• [Description of the task] Word for word, retype the first line of the records and every following line through the one containing "-- A version".
------ Data for this exercise
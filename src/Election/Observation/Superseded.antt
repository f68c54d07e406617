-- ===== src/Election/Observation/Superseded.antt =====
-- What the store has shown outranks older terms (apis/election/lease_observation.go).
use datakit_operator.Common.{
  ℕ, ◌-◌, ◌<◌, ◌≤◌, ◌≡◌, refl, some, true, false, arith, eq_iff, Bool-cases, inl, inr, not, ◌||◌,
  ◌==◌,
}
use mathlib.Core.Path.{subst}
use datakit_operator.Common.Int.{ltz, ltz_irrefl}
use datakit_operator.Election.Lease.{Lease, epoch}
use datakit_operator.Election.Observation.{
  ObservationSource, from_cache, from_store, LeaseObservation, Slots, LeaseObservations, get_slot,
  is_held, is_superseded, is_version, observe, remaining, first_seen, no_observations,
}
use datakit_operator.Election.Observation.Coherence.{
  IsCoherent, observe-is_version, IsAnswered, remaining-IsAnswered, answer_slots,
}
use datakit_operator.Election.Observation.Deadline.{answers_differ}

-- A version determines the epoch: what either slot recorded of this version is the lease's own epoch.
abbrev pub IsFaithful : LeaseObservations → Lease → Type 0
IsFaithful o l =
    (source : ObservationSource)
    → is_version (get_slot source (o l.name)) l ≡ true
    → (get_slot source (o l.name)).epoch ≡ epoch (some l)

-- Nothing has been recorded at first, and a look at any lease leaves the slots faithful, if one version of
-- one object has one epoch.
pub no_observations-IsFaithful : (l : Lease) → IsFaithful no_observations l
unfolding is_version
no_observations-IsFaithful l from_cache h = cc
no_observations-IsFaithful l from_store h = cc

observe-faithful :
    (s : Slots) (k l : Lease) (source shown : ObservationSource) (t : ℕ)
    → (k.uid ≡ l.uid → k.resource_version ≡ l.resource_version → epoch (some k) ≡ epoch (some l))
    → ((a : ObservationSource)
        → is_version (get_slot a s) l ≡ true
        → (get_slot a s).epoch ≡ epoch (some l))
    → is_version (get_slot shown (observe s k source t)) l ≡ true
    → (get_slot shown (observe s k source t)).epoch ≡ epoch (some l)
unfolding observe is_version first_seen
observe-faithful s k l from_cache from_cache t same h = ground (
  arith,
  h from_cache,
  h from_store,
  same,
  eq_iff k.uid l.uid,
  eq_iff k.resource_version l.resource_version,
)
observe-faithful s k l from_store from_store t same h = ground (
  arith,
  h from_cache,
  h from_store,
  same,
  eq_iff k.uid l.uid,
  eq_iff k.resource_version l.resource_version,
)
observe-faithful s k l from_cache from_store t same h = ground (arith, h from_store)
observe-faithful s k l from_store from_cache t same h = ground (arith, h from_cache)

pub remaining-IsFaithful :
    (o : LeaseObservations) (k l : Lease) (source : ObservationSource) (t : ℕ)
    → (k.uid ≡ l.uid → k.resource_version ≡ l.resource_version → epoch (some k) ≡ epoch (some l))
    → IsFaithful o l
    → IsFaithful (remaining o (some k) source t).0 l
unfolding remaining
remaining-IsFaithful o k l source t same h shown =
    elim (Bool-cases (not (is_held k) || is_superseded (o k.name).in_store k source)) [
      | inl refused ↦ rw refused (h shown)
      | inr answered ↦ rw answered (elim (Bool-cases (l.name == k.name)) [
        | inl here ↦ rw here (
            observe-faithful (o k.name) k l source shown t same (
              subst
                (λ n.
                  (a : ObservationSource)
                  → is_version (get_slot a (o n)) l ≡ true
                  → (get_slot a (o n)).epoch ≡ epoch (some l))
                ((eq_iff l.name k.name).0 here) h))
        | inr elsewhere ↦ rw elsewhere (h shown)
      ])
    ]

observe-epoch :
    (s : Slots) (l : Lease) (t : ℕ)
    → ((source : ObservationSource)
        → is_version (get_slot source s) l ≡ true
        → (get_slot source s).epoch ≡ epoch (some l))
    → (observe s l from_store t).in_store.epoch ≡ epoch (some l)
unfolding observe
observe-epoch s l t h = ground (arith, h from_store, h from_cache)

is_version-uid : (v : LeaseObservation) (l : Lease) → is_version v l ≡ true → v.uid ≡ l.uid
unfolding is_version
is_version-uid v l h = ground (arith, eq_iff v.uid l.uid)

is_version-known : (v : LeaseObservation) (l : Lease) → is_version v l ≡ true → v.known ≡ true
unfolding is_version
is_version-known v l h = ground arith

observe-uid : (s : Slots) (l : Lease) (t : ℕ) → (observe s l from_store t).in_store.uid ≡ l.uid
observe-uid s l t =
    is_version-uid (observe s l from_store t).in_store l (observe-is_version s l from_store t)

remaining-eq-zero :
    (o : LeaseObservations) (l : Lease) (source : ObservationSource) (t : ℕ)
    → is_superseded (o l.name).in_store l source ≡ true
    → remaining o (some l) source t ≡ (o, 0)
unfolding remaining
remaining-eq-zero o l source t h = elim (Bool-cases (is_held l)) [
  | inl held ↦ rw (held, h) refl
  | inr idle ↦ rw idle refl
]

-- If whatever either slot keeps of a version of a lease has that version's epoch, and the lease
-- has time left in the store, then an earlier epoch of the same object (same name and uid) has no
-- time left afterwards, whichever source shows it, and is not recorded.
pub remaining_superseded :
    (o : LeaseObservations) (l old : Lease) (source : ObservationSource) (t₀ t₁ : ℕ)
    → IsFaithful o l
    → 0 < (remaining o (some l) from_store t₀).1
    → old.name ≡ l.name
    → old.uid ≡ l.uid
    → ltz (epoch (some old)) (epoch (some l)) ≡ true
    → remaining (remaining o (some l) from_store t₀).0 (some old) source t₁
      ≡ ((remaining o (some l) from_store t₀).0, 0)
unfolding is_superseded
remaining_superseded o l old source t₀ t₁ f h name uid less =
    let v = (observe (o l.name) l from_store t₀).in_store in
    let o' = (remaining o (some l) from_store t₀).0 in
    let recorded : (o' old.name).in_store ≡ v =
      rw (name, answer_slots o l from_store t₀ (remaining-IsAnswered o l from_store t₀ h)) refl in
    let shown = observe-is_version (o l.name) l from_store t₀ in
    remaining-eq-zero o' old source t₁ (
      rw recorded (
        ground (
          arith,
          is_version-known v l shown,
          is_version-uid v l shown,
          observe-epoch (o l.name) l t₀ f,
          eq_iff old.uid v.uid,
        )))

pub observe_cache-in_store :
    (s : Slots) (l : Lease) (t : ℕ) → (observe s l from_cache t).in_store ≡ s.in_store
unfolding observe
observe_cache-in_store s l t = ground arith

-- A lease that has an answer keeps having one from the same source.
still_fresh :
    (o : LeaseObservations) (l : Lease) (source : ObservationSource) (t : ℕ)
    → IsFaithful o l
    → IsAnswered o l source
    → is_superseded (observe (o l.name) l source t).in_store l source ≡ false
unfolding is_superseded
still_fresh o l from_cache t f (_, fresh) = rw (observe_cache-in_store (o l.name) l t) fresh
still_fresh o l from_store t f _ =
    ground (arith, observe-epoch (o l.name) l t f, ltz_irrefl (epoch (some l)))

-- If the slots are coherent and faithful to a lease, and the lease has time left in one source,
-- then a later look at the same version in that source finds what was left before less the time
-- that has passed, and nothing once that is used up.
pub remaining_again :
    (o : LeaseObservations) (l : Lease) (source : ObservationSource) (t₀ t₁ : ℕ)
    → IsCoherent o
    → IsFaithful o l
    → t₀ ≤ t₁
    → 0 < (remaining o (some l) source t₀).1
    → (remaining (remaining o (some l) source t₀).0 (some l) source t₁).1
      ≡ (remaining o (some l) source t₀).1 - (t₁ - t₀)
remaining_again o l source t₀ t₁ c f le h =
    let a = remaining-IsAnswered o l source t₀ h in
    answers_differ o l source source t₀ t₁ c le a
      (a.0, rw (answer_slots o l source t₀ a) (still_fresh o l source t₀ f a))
------------
• [Task answer]
filename src/Election/Observation/Superseded.antt
repository f68c54d07e406617
-- ===== src/Election/Observation/Superseded.antt =====
-- What the store has shown outranks older terms (apis/election/lease_observation.go).
use datakit_operator.Common.{
  ℕ, ◌-◌, ◌<◌, ◌≤◌, ◌≡◌, refl, some, true, false, arith, eq_iff, Bool-cases, inl, inr, not, ◌||◌,
  ◌==◌,
}
use mathlib.Core.Path.{subst}
use datakit_operator.Common.Int.{ltz, ltz_irrefl}
use datakit_operator.Election.Lease.{Lease, epoch}
use datakit_operator.Election.Observation.{
  ObservationSource, from_cache, from_store, LeaseObservation, Slots, LeaseObservations, get_slot,
  is_held, is_superseded, is_version, observe, remaining, first_seen, no_observations,
}
use datakit_operator.Election.Observation.Coherence.{
  IsCoherent, observe-is_version, IsAnswered, remaining-IsAnswered, answer_slots,
}
use datakit_operator.Election.Observation.Deadline.{answers_differ}

-- A version determines the epoch: what either slot recorded of this version is the lease's own epoch.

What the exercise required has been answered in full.